Stored dataset items:
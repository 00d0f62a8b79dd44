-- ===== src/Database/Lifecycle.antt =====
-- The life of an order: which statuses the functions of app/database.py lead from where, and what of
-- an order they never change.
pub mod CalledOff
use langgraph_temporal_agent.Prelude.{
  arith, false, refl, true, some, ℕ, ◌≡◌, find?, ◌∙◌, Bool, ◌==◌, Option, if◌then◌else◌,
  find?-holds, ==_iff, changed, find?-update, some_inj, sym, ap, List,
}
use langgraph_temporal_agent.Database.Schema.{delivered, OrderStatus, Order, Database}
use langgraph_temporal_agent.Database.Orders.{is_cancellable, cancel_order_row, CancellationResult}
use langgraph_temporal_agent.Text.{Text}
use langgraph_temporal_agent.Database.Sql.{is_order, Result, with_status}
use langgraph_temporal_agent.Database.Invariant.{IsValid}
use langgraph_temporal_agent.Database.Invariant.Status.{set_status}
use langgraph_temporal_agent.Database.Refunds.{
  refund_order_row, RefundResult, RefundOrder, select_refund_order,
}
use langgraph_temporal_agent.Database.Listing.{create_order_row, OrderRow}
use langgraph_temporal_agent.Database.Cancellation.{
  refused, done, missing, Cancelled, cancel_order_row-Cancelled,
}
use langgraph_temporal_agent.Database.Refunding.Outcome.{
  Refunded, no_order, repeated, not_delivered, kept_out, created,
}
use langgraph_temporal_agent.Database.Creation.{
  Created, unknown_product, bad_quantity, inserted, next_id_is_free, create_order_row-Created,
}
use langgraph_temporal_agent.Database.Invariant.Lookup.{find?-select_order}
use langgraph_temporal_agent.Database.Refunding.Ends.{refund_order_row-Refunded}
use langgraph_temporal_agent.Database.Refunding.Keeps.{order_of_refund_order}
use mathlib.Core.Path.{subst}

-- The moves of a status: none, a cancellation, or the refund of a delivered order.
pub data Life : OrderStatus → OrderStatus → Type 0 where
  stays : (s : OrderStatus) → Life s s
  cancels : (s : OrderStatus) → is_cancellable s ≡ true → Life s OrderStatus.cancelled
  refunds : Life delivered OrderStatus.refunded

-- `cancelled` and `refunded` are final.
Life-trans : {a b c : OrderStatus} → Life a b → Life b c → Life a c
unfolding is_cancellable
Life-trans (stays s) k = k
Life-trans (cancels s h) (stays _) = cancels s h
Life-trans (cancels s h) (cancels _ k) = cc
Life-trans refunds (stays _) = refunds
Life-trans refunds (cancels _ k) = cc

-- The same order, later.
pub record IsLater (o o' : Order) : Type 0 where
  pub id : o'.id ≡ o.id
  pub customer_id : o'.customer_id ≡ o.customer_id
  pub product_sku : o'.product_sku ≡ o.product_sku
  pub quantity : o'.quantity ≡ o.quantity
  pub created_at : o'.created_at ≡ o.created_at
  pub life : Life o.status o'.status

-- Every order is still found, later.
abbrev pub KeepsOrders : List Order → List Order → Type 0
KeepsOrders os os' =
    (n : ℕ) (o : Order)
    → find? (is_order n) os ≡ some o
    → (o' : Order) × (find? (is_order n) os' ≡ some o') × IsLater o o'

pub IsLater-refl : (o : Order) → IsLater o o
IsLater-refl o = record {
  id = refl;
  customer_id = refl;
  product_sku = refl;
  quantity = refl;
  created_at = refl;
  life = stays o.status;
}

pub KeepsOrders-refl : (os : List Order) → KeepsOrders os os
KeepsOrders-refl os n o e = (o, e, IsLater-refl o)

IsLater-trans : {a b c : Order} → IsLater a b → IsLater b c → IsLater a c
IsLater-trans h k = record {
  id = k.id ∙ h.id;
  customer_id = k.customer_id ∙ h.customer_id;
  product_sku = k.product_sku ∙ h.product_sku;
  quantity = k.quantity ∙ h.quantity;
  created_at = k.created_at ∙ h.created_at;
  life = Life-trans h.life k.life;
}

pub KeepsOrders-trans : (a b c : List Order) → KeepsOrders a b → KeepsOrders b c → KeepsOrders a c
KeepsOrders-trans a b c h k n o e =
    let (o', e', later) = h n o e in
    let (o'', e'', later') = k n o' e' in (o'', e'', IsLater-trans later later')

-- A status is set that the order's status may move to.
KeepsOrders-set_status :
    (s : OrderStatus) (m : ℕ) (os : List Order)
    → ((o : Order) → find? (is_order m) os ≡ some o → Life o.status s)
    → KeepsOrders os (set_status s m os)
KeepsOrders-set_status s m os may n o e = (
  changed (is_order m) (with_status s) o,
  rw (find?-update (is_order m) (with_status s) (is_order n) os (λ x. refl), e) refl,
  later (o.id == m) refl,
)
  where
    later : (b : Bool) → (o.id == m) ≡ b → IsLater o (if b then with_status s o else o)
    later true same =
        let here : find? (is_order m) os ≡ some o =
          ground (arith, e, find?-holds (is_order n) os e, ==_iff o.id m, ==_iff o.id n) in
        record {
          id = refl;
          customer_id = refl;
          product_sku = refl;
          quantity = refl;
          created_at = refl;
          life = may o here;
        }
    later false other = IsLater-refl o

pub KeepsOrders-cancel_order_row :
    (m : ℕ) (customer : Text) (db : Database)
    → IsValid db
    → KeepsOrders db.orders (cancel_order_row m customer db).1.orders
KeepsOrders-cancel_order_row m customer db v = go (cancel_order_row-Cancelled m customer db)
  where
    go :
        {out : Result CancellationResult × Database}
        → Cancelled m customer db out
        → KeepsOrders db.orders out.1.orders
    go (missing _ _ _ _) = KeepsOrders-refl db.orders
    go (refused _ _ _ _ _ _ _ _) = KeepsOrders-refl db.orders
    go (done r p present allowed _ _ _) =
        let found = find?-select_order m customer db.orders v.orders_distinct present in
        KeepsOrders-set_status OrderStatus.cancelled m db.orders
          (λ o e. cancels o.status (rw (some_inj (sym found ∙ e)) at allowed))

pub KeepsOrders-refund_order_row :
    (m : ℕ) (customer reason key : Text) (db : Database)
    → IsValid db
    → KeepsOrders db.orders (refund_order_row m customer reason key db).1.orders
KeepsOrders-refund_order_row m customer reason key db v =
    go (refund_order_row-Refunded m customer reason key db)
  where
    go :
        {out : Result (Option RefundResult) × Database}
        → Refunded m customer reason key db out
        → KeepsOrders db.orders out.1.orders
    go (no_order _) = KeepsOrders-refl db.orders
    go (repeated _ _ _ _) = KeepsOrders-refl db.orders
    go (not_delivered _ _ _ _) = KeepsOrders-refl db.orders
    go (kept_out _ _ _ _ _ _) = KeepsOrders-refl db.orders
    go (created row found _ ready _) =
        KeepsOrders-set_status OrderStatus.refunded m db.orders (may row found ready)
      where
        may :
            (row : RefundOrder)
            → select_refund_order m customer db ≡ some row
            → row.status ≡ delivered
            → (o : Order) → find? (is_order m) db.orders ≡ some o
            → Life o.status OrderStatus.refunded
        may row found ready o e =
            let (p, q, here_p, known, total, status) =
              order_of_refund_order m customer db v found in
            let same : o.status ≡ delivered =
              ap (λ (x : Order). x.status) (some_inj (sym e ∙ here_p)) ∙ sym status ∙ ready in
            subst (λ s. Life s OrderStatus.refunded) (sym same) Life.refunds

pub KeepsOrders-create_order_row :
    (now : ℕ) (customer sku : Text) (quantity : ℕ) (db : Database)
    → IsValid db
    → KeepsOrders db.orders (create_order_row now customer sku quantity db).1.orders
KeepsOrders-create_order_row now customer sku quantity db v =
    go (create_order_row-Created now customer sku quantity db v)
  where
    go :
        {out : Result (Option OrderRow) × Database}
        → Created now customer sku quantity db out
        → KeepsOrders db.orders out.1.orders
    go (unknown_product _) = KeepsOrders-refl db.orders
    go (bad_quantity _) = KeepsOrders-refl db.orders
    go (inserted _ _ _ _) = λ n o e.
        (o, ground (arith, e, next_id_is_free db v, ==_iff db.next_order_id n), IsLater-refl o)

_Task goal_. All lines in the data above from the one with "let found = find?-select_order" through the one with "Result (Option RefundResult)" must be repeated exactly, and no others.

_Your solution_.
        let found = find?-select_order m customer db.orders v.orders_distinct present in
        KeepsOrders-set_status OrderStatus.cancelled m db.orders
          (λ o e. cancels o.status (rw (some_inj (sym found ∙ e)) at allowed))

pub KeepsOrders-refund_order_row :
    (m : ℕ) (customer reason key : Text) (db : Database)
    → IsValid db
    → KeepsOrders db.orders (refund_order_row m customer reason key db).1.orders
KeepsOrders-refund_order_row m customer reason key db v =
    go (refund_order_row-Refunded m customer reason key db)
  where
    go :
        {out : Result (Option RefundResult) × Database}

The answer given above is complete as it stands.